Veríssimo, acredita Toni, conseguiu tirar partido desta segunda passagem pelo banco do Benfica. Sobretudo com a impressão que está a deixar nesta reta final. «Acho que ele soube capitalizar este tempo que esteve à frente da equipa principal. Num espaço curto de tempo, mudou o sistema que o Benfica estava a utilizar. Não é fácil, não tem tempo para consolidar processos. E rompeu também com alguns jogadores, não teve rebuço por exemplo em pôr o João Mário no banco», analisa: «Os primeiros tempos não foram nada fáceis. Objetivamente, quando entrou estava a quatro pontos, agora está a 15. Foi eliminado da Taça de Portugal e da Taça da Liga. Mas isso quase já está num segundo plano, porque o que fica são quase sempre as últimas impressões. Havia uma ideia e agora, com a eliminação do Ajax, com uma certa dignidade na eliminação com o Liverpool e com a vitória sobre o Sporting, está-se a pintar com cores mais vivas em relação àquelas que se pintou inicialmente. Há dividendos que o treinador vai retirar.»

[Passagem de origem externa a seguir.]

-- ===== src/Fetch/Names.antt =====
-- The names in a request of SP_HW9/52_3.
use sp_hw.Base.{
  ℕ, zero, suc, ◌+◌, ◌-◌, ◌<◌, ◌≤◌, ◌≡◌, refl, ap, ◌∙◌, false, [], ◌∷◌, ◌++◌, some, if◌then◌else◌,
  ltb, ltb-true, length, length-append, length-drop, length-take, take, Bool-cases, inl, inr, drop,
  drop-append, append-nil, append_assoc, Bytes, cstr, arith, ==-false,
}
use sp_hw.Fetch.Blocks.{HasNoNul}
use sp_hw.Fetch.Request.{
  name_size, request_size, strcpy_at, then_copy, fill_request, named_queue, named_file,
}

cstr-append : (s rest : Bytes) → HasNoNul s → cstr (s ++ rest) ≡ s ++ cstr rest
unfolding cstr
cstr-append [] rest h = refl
cstr-append (c ∷ s) rest h = rw (==-false c 0 (h.0)) (ap (◌∷◌ c) (cstr-append s rest (h.1)))

cstr_nul : (rest : Bytes) → cstr (0 ∷ rest) ≡ []
unfolding cstr
cstr_nul rest = refl

-- A string up to the NUL behind it.
cstr-stop : (s rest : Bytes) → HasNoNul s → cstr (s ++ 0 ∷ rest) ≡ s
cstr-stop s rest h = cstr-append s (0 ∷ rest) h ∙ ap (λ r. s ++ r) (cstr_nul rest) ∙ append-nil s

take_past : (s rest : Bytes) (n m : ℕ) → m ≡ length s + n → take m (s ++ rest) ≡ s ++ take n rest
take_past [] rest n m e = ap (λ k. take k rest) (omega (arith, e))
take_past (c ∷ s) rest n zero e = absurd (omega (arith, e))
take_past (c ∷ s) rest n (suc m) e = ap (◌∷◌ c) (take_past s rest n m (omega (arith, e)))

strcpy_at-fits :
    (at : ℕ) (s mem : Bytes)
    → at + length s < request_size
    → strcpy_at at s mem ≡ some (take at mem ++ (s ++ 0 ∷ drop (suc (at + length s)) mem))
unfolding strcpy_at
strcpy_at-fits at s mem h = rw (ltb-true (at + length s) request_size h) refl

-- The request behind the copy of the name, and behind both.
abbrev with_name : Bytes → Bytes → Bytes
with_name name before = name ++ 0 ∷ drop (suc (length name)) before

abbrev pub filled : Bytes → Bytes → Bytes → Bytes
filled name file before =
    take name_size (with_name name before)
    ++ (file ++ 0 ∷ drop (suc (name_size + length file)) (with_name name before))

module _ (name file before : Bytes) where
  -- Names that `strcpy` writes into the request, with room for the NUL of the second in its array.
  pub record AreNames : Type 0 where
    pub whole : length before ≡ request_size
    pub name_no_nul : HasNoNul name
    pub file_no_nul : HasNoNul file
    pub name_fits : length name ≤ name_size
    pub file_fits : length file < name_size

  pub fill_request-filled :
      AreNames → fill_request name file before ≡ some (filled name file before)
  unfolding fill_request
  fill_request-filled h =
      ap (λ m. then_copy m name_size file)
        (strcpy_at-fits 0 name before (omega (arith, h.name_fits))
          ∙ ap (λ n. some (name ++ 0 ∷ drop (suc n) before)) (omega arith))
      ∙ strcpy_at-fits name_size file (with_name name before) (omega (arith, h.file_fits))

  front_size : AreNames → name_size ≡ length (take name_size (with_name name before))
  front_size h = omega (
    arith,
    length-take name_size (with_name name before),
    length-append name (0 ∷ drop (suc (length name)) before),
    length-drop (suc (length name)) before,
    h.whole,
    h.name_fits,
  )

  pub named_file-filled : AreNames → named_file (filled name file before) ≡ file
  unfolding named_file
  named_file-filled h =
      let behind = drop (suc (name_size + length file)) (with_name name before) in
      ap cstr (
        drop-append (take name_size (with_name name before)) (file ++ 0 ∷ behind) name_size
          (front_size h))
      ∙ cstr-stop file behind h.file_no_nul

  -- What the server takes for the name of the client's queue.
  abbrev pub name_received : Bytes
  name_received = if ltb (length name) name_size then name else name ++ file

  -- The name ends in its array, or fills it.
  short_front :
      (n : ℕ)
      → name_size ≡ length name + suc n
      → take name_size (with_name name before)
        ≡ name ++ 0 ∷ take n (drop (suc (length name)) before)
  short_front n e = take_past name (0 ∷ drop (suc (length name)) before) (suc n) name_size e

  full_front : length name ≡ name_size → take name_size (with_name name before) ≡ name
  full_front e =
      take_past name (0 ∷ drop (suc (length name)) before) 0 name_size (omega (arith, e))
      ∙ append-nil name

  short_name : AreNames → length name < name_size → named_queue (filled name file before) ≡ name
  unfolding named_queue
  short_name h l =
      let n = name_size - suc (length name) in
      let front = take n (drop (suc (length name)) before) in
      let behind = file ++ 0 ∷ drop (suc (name_size + length file)) (with_name name before) in
      ap (λ f. cstr (f ++ behind)) (short_front n (omega (arith, l)))
      ∙ ap cstr (append_assoc name (0 ∷ front) behind)
      ∙ cstr-stop name (front ++ behind) h.name_no_nul

  full_name :
      AreNames → length name ≡ name_size → named_queue (filled name file before) ≡ name ++ file
  unfolding named_queue
  full_name h l =
      let behind = drop (suc (name_size + length file)) (with_name name before) in
      ap (λ f. cstr (f ++ (file ++ 0 ∷ behind))) (full_front l)
      ∙ cstr-append name (file ++ 0 ∷ behind) h.name_no_nul
      ∙ ap (λ r. name ++ r) (cstr-stop file behind h.file_no_nul)

  pub named_queue-filled : AreNames → named_queue (filled name file before) ≡ name_received
  named_queue-filled h = elim (Bool-cases (ltb (length name) name_size)) [
    | inl e ↦ rw e (short_name h (ground arith))
    | inr e ↦ rw e (full_name h (omega (arith, h.name_fits, long e)))
  ]
    where
      long : ltb (length name) name_size ≡ false → name_size ≤ length name
      long e = ground arith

Toni e o «tempo dos tostões»

Toni tem um percurso de mais de três décadas de ligação ao Benfica, como jogador e depois em vários momentos como treinador. Foi interino em três ocasiões diferentes, foi adjunto e treinador principal. Em novembro de 1987/88 substituiu Ebbe Skovdahl e terminou a época a disputar a final da Taça dos Campeões Europeus. Na temporada seguinte assumiu como número 1 e foi campeão nacional, mas no verão de 1989 Sven-Goran Eriksson regressou ao clube e Toni passou a adjunto. Voltou a assumir a equipa em 1992/93, depois da saída de Eriksson. Continuou para a época seguinte, foi de novo campeão nacional e voltou a ver o clube contratar novo treinador. Dessa vez saiu, para treinar o Bordéus. Ainda voltou uma terceira vez, quando em dezembro de 2000 substituiu José Mourinho, e também aí começou de novo a temporada seguinte, antes de decidir sair pela última vez, dando lugar ao então seu adjunto Jesualdo Ferreira em dezembro de 2001. Foi a vez de o próprio Jesualdo assumir um papel de transição, acabando por ser confirmado no final da época e começar temporada seguinte como treinador principal.

O percurso sem par de Toni é coisa de outro tempo, diz o próprio: «Fui adjunto, depois fiquei como treinador principal até final da época, fomos à final da Taça dos Campeões Europeus 20 anos depois, depois prolongou-se e a seguir fomos campeões. Depois voltei a adjunto. O que aconteceu comigo é uma coisa que hoje era impensável. Na altura a conjuntura levou-me a que continuasse. Hoje não o faria. Portanto, esse tempo é outro tempo.» Não havia, explica, as saídas que há hoje em dia para os treinadores: «Naquele tempo quase nem empresários havia. Era uma altura completamente diferente, era a época dos tostões. Passado quatro anos estava a ser de novo treinador principal e a ganhar e a vir outro treinador e eu nessa altura saí. Se fosse seis anos depois, que já teria ainda mais hipóteses, já teria aparecido o dinheiro, dos árabes e dos chineses… É preciso ver a conjuntura.»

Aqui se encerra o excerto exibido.